* [Description of the task] Using the records below, output the stretch that opens with the line containing "pub fixed : ℕ → D.Num → Text" and closes with the line containing "optional_duration name none", exactly and including both lines, with nothing more.
--- Listed entries Enclosed Below ---
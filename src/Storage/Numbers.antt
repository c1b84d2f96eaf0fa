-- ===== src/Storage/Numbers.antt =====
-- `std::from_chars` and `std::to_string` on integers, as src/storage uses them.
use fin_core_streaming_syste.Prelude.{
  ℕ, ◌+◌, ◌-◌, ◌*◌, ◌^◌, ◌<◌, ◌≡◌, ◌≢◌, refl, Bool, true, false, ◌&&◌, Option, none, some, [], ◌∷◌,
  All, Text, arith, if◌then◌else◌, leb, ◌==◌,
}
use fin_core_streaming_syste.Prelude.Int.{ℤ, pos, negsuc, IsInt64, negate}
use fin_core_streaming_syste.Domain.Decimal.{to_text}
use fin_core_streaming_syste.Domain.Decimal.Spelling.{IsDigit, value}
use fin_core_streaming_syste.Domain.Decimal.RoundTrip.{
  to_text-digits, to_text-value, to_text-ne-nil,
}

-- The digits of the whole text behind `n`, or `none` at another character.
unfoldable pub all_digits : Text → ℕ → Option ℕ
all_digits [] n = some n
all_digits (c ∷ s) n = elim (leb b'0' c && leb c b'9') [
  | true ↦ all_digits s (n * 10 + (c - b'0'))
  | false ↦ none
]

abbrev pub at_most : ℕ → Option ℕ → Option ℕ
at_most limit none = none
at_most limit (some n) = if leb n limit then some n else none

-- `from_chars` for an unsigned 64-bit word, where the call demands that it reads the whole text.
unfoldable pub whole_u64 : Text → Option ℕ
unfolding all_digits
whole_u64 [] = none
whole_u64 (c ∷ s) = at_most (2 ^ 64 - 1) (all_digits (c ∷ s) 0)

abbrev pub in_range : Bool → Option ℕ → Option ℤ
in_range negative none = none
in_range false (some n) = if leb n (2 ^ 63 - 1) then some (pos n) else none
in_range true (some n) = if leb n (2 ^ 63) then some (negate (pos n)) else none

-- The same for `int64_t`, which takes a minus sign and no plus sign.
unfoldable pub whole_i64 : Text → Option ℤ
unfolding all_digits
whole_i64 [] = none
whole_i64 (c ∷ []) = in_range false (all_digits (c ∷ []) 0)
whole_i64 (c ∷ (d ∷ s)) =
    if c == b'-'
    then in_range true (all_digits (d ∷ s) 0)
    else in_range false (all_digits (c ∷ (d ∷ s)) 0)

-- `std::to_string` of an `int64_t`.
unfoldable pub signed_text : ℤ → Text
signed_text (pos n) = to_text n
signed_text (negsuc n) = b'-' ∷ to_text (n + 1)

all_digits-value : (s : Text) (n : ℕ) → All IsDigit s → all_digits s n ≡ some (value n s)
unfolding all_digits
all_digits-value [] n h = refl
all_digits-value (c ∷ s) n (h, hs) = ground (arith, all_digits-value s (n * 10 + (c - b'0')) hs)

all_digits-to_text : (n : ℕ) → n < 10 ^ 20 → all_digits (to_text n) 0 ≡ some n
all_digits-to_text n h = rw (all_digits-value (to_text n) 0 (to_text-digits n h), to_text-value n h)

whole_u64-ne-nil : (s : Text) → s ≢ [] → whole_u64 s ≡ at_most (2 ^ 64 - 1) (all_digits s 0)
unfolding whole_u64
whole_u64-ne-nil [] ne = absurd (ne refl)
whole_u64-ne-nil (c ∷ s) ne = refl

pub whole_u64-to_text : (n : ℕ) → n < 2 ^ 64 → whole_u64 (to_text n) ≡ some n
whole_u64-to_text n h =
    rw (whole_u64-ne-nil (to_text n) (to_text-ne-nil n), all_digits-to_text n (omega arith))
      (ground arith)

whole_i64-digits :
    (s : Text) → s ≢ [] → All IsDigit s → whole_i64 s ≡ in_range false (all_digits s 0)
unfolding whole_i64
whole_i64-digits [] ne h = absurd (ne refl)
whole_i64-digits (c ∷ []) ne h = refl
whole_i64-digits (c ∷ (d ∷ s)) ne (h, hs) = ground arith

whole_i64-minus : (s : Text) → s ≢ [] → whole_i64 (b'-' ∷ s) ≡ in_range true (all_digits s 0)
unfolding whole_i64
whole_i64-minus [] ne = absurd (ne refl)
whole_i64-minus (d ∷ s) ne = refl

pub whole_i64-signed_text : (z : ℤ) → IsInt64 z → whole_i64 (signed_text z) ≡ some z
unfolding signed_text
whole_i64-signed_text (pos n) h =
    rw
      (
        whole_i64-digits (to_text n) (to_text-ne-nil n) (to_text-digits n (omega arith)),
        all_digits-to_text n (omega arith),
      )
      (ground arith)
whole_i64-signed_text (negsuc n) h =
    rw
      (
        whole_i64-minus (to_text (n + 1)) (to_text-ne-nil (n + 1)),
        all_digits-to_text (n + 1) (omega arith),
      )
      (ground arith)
--- End of Enclosed Listed entries ---
--- Listed entries Enclosed Below ---
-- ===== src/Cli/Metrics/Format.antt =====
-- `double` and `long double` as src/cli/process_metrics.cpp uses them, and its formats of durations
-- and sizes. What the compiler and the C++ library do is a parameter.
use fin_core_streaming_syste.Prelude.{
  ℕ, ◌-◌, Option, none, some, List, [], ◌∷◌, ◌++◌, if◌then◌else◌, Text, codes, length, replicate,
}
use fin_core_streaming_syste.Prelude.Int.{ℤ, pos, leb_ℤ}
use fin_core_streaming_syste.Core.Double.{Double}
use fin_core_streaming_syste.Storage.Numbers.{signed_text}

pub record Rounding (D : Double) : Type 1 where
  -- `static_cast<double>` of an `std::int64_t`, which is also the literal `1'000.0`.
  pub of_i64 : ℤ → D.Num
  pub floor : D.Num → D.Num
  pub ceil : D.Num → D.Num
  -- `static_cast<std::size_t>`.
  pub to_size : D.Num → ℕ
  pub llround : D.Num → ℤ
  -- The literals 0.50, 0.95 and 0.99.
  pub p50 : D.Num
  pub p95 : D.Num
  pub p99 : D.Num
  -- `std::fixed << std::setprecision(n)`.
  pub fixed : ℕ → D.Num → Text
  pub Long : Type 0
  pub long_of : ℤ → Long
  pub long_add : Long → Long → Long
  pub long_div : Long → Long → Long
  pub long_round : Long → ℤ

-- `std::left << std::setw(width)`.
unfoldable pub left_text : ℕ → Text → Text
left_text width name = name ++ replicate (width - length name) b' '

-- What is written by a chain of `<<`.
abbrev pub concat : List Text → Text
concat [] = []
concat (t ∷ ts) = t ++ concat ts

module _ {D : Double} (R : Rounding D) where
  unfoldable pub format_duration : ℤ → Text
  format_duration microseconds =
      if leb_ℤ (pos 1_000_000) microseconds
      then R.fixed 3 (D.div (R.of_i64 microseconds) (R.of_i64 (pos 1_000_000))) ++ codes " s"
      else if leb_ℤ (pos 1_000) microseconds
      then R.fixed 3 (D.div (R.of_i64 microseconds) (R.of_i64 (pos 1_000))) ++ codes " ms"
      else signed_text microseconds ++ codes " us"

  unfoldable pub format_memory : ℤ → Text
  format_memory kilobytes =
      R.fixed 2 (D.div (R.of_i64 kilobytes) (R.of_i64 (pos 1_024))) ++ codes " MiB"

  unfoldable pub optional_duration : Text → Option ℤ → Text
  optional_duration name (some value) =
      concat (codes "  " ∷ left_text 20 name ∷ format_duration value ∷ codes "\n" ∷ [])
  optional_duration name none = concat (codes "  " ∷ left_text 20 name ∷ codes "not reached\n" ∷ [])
--- End of Enclosed Listed entries ---
--- Listed entries Enclosed Below ---
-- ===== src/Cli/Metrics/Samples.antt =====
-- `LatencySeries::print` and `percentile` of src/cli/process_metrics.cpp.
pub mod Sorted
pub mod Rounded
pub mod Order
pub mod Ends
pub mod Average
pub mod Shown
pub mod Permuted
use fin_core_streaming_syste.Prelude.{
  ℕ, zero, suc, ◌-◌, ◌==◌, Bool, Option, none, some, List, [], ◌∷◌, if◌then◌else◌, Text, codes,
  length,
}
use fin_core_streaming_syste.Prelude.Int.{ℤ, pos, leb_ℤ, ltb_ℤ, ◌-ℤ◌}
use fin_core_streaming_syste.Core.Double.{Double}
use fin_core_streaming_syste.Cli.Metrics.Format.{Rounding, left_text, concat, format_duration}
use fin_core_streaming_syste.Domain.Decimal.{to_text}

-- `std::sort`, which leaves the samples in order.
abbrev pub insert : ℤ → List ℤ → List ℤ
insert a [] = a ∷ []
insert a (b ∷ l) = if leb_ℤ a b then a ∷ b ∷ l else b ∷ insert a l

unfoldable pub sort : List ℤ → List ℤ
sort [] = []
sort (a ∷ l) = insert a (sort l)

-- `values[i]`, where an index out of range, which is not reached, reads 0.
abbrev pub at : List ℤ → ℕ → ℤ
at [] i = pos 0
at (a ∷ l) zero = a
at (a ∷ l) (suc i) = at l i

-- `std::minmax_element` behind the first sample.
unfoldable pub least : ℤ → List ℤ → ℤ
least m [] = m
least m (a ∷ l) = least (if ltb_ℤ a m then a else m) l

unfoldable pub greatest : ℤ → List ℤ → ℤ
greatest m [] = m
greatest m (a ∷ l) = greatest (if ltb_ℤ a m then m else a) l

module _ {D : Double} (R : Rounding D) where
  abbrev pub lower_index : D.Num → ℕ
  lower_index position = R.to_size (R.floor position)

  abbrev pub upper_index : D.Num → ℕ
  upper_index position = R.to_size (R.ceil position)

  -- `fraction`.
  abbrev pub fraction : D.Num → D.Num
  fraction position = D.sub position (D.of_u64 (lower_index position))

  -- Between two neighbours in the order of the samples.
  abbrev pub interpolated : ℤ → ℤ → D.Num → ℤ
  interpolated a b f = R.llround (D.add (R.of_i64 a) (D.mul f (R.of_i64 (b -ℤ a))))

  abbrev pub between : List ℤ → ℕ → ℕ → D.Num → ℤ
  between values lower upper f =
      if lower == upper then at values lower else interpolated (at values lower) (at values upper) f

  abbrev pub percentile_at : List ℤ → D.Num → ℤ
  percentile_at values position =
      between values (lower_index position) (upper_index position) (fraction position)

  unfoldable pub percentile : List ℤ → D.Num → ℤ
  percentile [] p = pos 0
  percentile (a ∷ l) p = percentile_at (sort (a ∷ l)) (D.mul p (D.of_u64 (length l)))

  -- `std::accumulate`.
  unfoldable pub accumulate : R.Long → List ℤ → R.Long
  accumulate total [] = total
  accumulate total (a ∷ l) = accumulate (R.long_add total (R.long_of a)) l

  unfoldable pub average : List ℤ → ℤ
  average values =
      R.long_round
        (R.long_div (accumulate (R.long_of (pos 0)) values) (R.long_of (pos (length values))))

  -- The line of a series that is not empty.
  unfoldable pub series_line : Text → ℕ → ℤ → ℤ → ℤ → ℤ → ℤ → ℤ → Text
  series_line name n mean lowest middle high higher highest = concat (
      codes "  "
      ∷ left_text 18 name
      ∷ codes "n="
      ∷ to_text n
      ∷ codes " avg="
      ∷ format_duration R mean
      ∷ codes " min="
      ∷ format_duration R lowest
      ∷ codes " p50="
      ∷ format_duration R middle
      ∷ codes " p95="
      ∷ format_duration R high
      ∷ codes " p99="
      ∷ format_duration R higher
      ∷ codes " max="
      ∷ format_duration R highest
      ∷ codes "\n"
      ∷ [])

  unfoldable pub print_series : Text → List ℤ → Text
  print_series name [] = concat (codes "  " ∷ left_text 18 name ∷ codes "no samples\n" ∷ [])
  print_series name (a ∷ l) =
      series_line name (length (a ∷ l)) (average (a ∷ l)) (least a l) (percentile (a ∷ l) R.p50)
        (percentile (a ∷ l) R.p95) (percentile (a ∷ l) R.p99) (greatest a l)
--- End of Enclosed Listed entries ---
* [Reply]
  pub fixed : ℕ → D.Num → Text
  pub Long : Type 0
  pub long_of : ℤ → Long
  pub long_add : Long → Long → Long
  pub long_div : Long → Long → Long
  pub long_round : Long → ℤ

-- `std::left << std::setw(width)`.
unfoldable pub left_text : ℕ → Text → Text
left_text width name = name ++ replicate (width - length name) b' '

-- What is written by a chain of `<<`.
abbrev pub concat : List Text → Text
concat [] = []
concat (t ∷ ts) = t ++ concat ts

module _ {D : Double} (R : Rounding D) where
  unfoldable pub format_duration : ℤ → Text
  format_duration microseconds =
      if leb_ℤ (pos 1_000_000) microseconds
      then R.fixed 3 (D.div (R.of_i64 microseconds) (R.of_i64 (pos 1_000_000))) ++ codes " s"
      else if leb_ℤ (pos 1_000) microseconds
      then R.fixed 3 (D.div (R.of_i64 microseconds) (R.of_i64 (pos 1_000))) ++ codes " ms"
      else signed_text microseconds ++ codes " us"

  unfoldable pub format_memory : ℤ → Text
  format_memory kilobytes =
      R.fixed 2 (D.div (R.of_i64 kilobytes) (R.of_i64 (pos 1_024))) ++ codes " MiB"

  unfoldable pub optional_duration : Text → Option ℤ → Text
  optional_duration name (some value) =
      concat (codes "  " ∷ left_text 20 name ∷ format_duration value ∷ codes "\n" ∷ [])
  optional_duration name none = concat (codes "  " ∷ left_text 20 name ∷ codes "not reached\n" ∷ [])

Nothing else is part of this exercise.